Pomegranate vinegar has high Polyphenols compounds (Table 1), compared with apple vinegar and prickly pear vinegar. Pomegranate vinegar has the highest pH and titratable acidity compared to apple vinegar and prickly pear cider vinegar. The lowest acidity is found in prickly pear vinegar (Table 1) and the highest acidity is observed in pomegranate vinegar. The medium acid is found in apple vinegar. Among the main Flavonoid compounds isolated (Table 2), we have recorded: epicatechin, rutin, naringenin, catechin, myricetin, hesperidin and quercetin. Furthermore, pomegranate vinegar is characterized by the presence of tannins, something that is not found in apple and prickly pear vinegars.
The tannins were identified by adding a few drops of a 1% aqueous FeCL3 solution to 5 mL of each vinegar sample. The appearance of a blue-black color indicates the presence of tannins. Pomegranate vinegar is exceptionally rich in specific hydrolyzable tannins, primarily punicalagin and punicalin. These compounds are considered highly characteristic of the pomegranate fruit. In addition to phenolic compounds identified in fruit vinegars, we also determined phenolic acids. The results obtained reveal that all the FVs contain several acids: Acetic, Oxalic, Ascorbic, Malic, Formic, and Citric. The highest concentration of acetic acid is detected in prickly pear vinegar (0.15 mg/mL), followed by apple vinegar at 0.05 mg/mL and pomegranate vinegar at 0.031 mg/mL. Formic and malic acids are identified only in pomegranate vinegar. The highest concentrations of ascorbic and citric acids are noted in pomegranate vinegar (0.52 mg/mL and 4.55 mg/mL, respectively), followed by prickly pear vinegar (0.19 mg/mL and 0.84 mg/mL, respectively) and apple vinegar (0.14 mg/mL and 0.13 mg/mL, respectively).

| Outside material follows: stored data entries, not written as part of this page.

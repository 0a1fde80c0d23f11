-- ===== src/Proxy/Buffers.antt =====
-- The buffers of a UDP socket of `hooked_WSASocketW` stay as that hook sets them.
use battlezone_netcode_patch.Prelude.{
  ℕ, ◌≡◌, ◌∙◌, refl, ap, inl, inr, Bool, true, false, not, ◌&&◌, ◌||◌, Option, none, some, List, [],
  ◌∷◌, ◌++◌, ◌==◌, if◌then◌else◌, Bool-cases, arith,
}
use battlezone_netcode_patch.Proxy.{invalid_socket}
use battlezone_netcode_patch.Proxy.Options.{
  send_buf, recv_buf, sol_socket, so_sndbuf, so_rcvbuf, OptValue, number, OptCall, OptState,
  apply_dscp, numbers_socket, hooked_setsockopt, hooked_wsa_set_socket_option, hooked_wsa_socket_w,
  sock_dgram, ipproto_udp,
}

-- The value that Winsock has for an option after the calls: that of the last call that sets it, or
-- `v` if there is none.
abbrev pub sets : ℕ → ℕ → OptCall → Bool
sets s opt c = c.sock == s && c.level == sol_socket && c.optname == opt

abbrev pub in_force : ℕ → ℕ → Option OptValue → List OptCall → Option OptValue
in_force s opt v [] = v
in_force s opt v (c ∷ cs) = in_force s opt (if sets s opt c then some c.value else v) cs

abbrev pub target_of : ℕ → ℕ
target_of opt = if opt == so_sndbuf then send_buf else recv_buf

-- A call that does not set a buffer to anything but its target.
abbrev IsTamed : OptCall → Type 0
IsTamed c =
    (opt : ℕ)
    → (opt == so_sndbuf || opt == so_rcvbuf) ≡ true
    → (c.level == sol_socket && c.optname == opt) ≡ true
    → c.value ≡ number (target_of opt)

abbrev AllTamed : List OptCall → Type 0
AllTamed [] = Unit
AllTamed (c ∷ cs) = IsTamed c × AllTamed cs

-- What the game does: it sets an option by the one function or the other.
pub data OptOp : Type 0 where
  by_setsockopt by_wsa : OptCall → OptOp

unfoldable pub opt_step : OptState → OptOp → List OptCall × OptState
opt_step st (by_setsockopt c) = hooked_setsockopt st c
opt_step st (by_wsa c) = hooked_wsa_set_socket_option st c

unfoldable pub opt_run : OptState → List OptOp → List OptCall
opt_run st [] = []
opt_run st (o ∷ os) = let (cs, st') = opt_step st o in cs ++ opt_run st' os

tamed_append : (xs ys : List OptCall) → AllTamed xs → AllTamed ys → AllTamed (xs ++ ys)
tamed_append [] ys k l = l
tamed_append (x ∷ xs) ys k l = (k.0, tamed_append xs ys k.1 l)

dscp-AllTamed : (st : OptState) (s : ℕ) → AllTamed (apply_dscp st s)
unfolding apply_dscp
dscp-AllTamed st s = elim (Bool-cases (st.dscp == 0 || not st.has_setsockopt)) [
  | inl e ↦ simp e tt
  | inr e ↦ simp e ((λ opt h k. absurd (ground (arith, k))), tt)
]

-- The four ways of a hook, and what each has to show.
by_option :
    (p q r : Bool) (w x y z : List OptCall × OptState)
    → AllTamed w.0
    → (q ≡ true → AllTamed x.0)
    → (r ≡ true → AllTamed y.0)
    → (q ≡ false → r ≡ false → AllTamed z.0)
    → AllTamed (if p then w else if q then x else if r then y else z).0
by_option true q r w x y z k l m n = k
by_option false true r w x y z k l m n = l refl
by_option false false true w x y z k l m n = m refl
by_option false false false w x y z k l m n = n refl refl

send-IsTamed :
    (s : ℕ) (l o : ℕ)
    → (l == sol_socket && o == so_sndbuf) ≡ true
    → IsTamed (record { sock = s; level = l; optname = o; value = number send_buf })
send-IsTamed s l o e opt h k = ground (arith, e, h, k)

recv-IsTamed :
    (s l o : ℕ)
    → (l == sol_socket && o == so_rcvbuf) ≡ true
    → IsTamed (record { sock = s; level = l; optname = o; value = number recv_buf })
recv-IsTamed s l o e opt h k = ground (arith, e, h, k)

-- A call that the hooks pass on sets neither buffer.
other-IsTamed :
    (c : OptCall)
    → (c.level == sol_socket && c.optname == so_sndbuf) ≡ false
    → (c.level == sol_socket && c.optname == so_rcvbuf) ≡ false
    → IsTamed c
other-IsTamed c e f opt h k = absurd (ground (arith, e, f, h, k))

module _ (st : OptState) (c : OptCall) where
  forced : ℕ → OptCall
  forced v = record c { value = number v }

  setsockopt-AllTamed : AllTamed (hooked_setsockopt st c).0
  unfolding hooked_setsockopt forced
  setsockopt-AllTamed =
      by_option (not st.has_setsockopt) (c.level == sol_socket && c.optname == so_sndbuf)
        (c.level == sol_socket && c.optname == so_rcvbuf) ([], st)
        (forced send_buf ∷ apply_dscp st c.sock, numbers_socket st c.sock)
        (forced recv_buf ∷ [], numbers_socket st c.sock) (c ∷ [], st) tt
        (λ e. (send-IsTamed c.sock c.level c.optname e, dscp-AllTamed st c.sock))
        (λ e. (recv-IsTamed c.sock c.level c.optname e, tt)) (λ e f. (other-IsTamed c e f, tt))

  wsa-AllTamed : AllTamed (hooked_wsa_set_socket_option st c).0
  unfolding hooked_wsa_set_socket_option forced
  wsa-AllTamed =
      by_option (not st.has_wsasetsocketoption) (c.level == sol_socket && c.optname == so_sndbuf)
        (c.level == sol_socket && c.optname == so_rcvbuf) ([], st)
        (forced send_buf ∷ [], numbers_socket st c.sock)
        (forced recv_buf ∷ [], numbers_socket st c.sock) (c ∷ [], st) tt
        (λ e. (send-IsTamed c.sock c.level c.optname e, tt))
        (λ e. (recv-IsTamed c.sock c.level c.optname e, tt)) (λ e f. (other-IsTamed c e f, tt))

step-AllTamed : (st : OptState) (o : OptOp) → AllTamed (opt_step st o).0
unfolding opt_step
step-AllTamed st (by_setsockopt c) = setsockopt-AllTamed st c
step-AllTamed st (by_wsa c) = wsa-AllTamed st c

run-AllTamed : (st : OptState) (os : List OptOp) → AllTamed (opt_run st os)
unfolding opt_run
run-AllTamed st [] = tt
run-AllTamed st (o ∷ os) =
    tamed_append (opt_step st o).0 (opt_run (opt_step st o).1 os) (step-AllTamed st o)
      (run-AllTamed (opt_step st o).1 os)

-- Calls that are tamed leave a buffer that has its target there.
tamed_stays :
    (s opt : ℕ) (cs : List OptCall)
    → (opt == so_sndbuf || opt == so_rcvbuf) ≡ true
    → AllTamed cs
    → in_force s opt (some (number (target_of opt))) cs ≡ some (number (target_of opt))
tamed_stays s opt [] h k = refl
tamed_stays s opt (c ∷ cs) h k = elim (Bool-cases (sets s opt c)) [
  | inl e ↦ simp (e, k.0 opt h (ground (arith, e))) (tamed_stays s opt cs h k.1)
  | inr e ↦ simp e (tamed_stays s opt cs h k.1)
]

in_force-append :
    (s opt : ℕ) (v : Option OptValue) (xs ys : List OptCall)
    → in_force s opt v (xs ++ ys) ≡ in_force s opt (in_force s opt v xs) ys
in_force-append s opt v [] ys = refl
in_force-append s opt v (x ∷ xs) ys =
    in_force-append s opt (if sets s opt x then some x.value else v) xs ys

abbrev new_call : ℕ → ℕ → ℕ → OptCall
new_call s opt v = record { sock = s; level = sol_socket; optname = opt; value = number v }

-- The calls of the creation of a socket, and then those of what the game does.
unfoldable pub opt_session : OptState → ℕ → ℕ → ℕ → List OptOp → List OptCall
opt_session st type protocol opened os =
    let (s, cs, st') = hooked_wsa_socket_w st type protocol opened in cs ++ opt_run st' os

first_two :
    (s opt : ℕ)
    → (opt == so_sndbuf || opt == so_rcvbuf) ≡ true
    → in_force s opt none (new_call s so_sndbuf send_buf ∷ new_call s so_rcvbuf recv_buf ∷ [])
      ≡ some (number (target_of opt))
first_two s opt h = ground (arith, h)

created :
    (st : OptState) (type protocol opened opt : ℕ)
    → st.has_setsockopt ≡ true
    → st.has_wsasocketw ≡ true
    → (opened == invalid_socket) ≡ false
    → (type == sock_dgram || protocol == ipproto_udp) ≡ true
    → (opt == so_sndbuf || opt == so_rcvbuf) ≡ true
    → in_force opened opt none (hooked_wsa_socket_w st type protocol opened).1
      ≡ some (number (target_of opt))
unfolding hooked_wsa_socket_w
created st type protocol opened opt set make ok udp h =
    let rest = apply_dscp st opened in
    simp (make, ok, udp, set)
      (ap (λ v. in_force opened opt v rest) (first_two opened opt h)
        ∙ tamed_stays opened opt rest h (dscp-AllTamed st opened))

-- The send and the receive buffer of a UDP socket that the game creates with WSASocketW have the
-- proxy's sizes, and keep them, whatever options of whatever sockets the game sets with setsockopt or
-- with WSASetSocketOption: the last value that Winsock is given for each buffer is the proxy's. (The
-- real setsockopt and WSASocketW are there, and the creation succeeds.)
pub buffers_stay :
    (st : OptState) (type protocol opened opt : ℕ) (os : List OptOp)
    → st.has_setsockopt ≡ true
    → st.has_wsasocketw ≡ true
    → (opened == invalid_socket) ≡ false
    → (type == sock_dgram || protocol == ipproto_udp) ≡ true
    → (opt == so_sndbuf || opt == so_rcvbuf) ≡ true
    → in_force opened opt none (opt_session st type protocol opened os)
      ≡ some (number (target_of opt))
unfolding opt_session
buffers_stay st type protocol opened opt os set make ok udp h =
    let made = hooked_wsa_socket_w st type protocol opened in
    let later = opt_run made.2 os in
    in_force-append opened opt none made.1 later
    ∙ ap (λ v. in_force opened opt v later) (created st type protocol opened opt set make ok udp h)
    ∙ tamed_stays opened opt later h (run-AllTamed made.2 os)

3.2. In Vivo Effects of Fruit Vinegars on the Body Adipose Tissue Distribution

The body weight (BW) of age-matched male and female Wistar rats in groups II and IV nearly doubled compared to the control group (LSD-group I). We recorded an increase of approximately 43% in BW compared to group I. This BW gain is confirmed by the body mass index (BMI) of obese Wistar rats in the HFD group compared to the LSD group by 23 %. In contrast, in group III treated with fruit vinegar, anthropometric parameters decreased significantly. Body weight and BMI were reduced by 22% and 31%, respectively (p < 0.001) in Group III compared to Group IV (Table 3). The body fat distribution is predominantly composed by visceral adipose tissue (VAT) and suprascapular adipose tissue (SAT) in Wistar rats fed a high-fat diet (HFD) compared to rats fed a low-fat diet (LSD). The fat mass of both VAT and SAT is significantly increased in group II, explaining the elevated BMI values in the HFD group compared to the LSD control group (Table 3). Among the anatomical regions of VAT, mesenteric adipose tissue was observed to be the most hypertrophied (50%) compared to omental and retroperitoneal adipose tissue (37% and 11%, respectively). Conversely, adipose tissues (AT): epididymal (EAT), subcutaneous (SCAT), intramuscular (IMAT), perirenal (PRAT), and gonadal (GAT) do not appear to be stimulated by the HFD diet, given the moderately elevated values for EAT, SCAT, IMAT, PRAT, and GAT versus VAT. The adiposity index calculation reveals that Group II exhibits severe obesity associated with an increase in BMI compared to Group I (Table 3). The treatment with fruit vinegars confirmed the significant reduction in the adiposity index in group III compared to groups II and IV (-72%). We observed a significant positive correlation between plasma triglyceride depletion and visceral adipose tissue loss (r = +0.705, p < 0.0001) in group III. The beneficial effect of fruit vinegar treatment demonstrated a positive impact on obesity management by resulting in weight loss, as evidenced by the decrease in visceral and subcutaneous fat mass (-60% and -11%, respectively). Interestingly, we measured a 40% increase in brown adipose tissue fat mass in group III treated with fruit vinegars versus groups II and IV, with no significant change in group I (Table 3).

3.3. In Vivo Effects of FVs on Caloric Intake, Energy Expenditure, Basal Metabolic Rate, Plasma and Hepatic Metabolic Status

As mentioned in Table 4, Wistar rat maintained on LSD is low daily caloric intake. After 18 weeks of experimentation, Wistar rats under high-fat diet (HFD) shows a significant enhance in caloric intake, substantially increasing their daily energy intake by 75%. FV treatment allowed a significant reduction in caloric intake in Group III compared to Group II (-78%). In the placebo group, caloric intake remained high. Furthermore, it is interesting to note that FV treatment resulted in improved body fat oxidation in group III compared to Groups II and IV. In group III, we recorded a significant increase in lipid oxidation and a decrease in carbohydrate oxidation. We observed that the respiratory quotient (RQ) in Group III approached an RQ of 0.7 while it was RQ = 1. A significant positive correlation was observed between plasma triglyceride degradation and RQ (r = +0.991, p < 0.0001) in group III. BMR (Basal Metabolism Rate) and TEE (Total Energy Expenditure) was significantly lower by 19% in group II compared to FV treated group III, indicating lowered TE.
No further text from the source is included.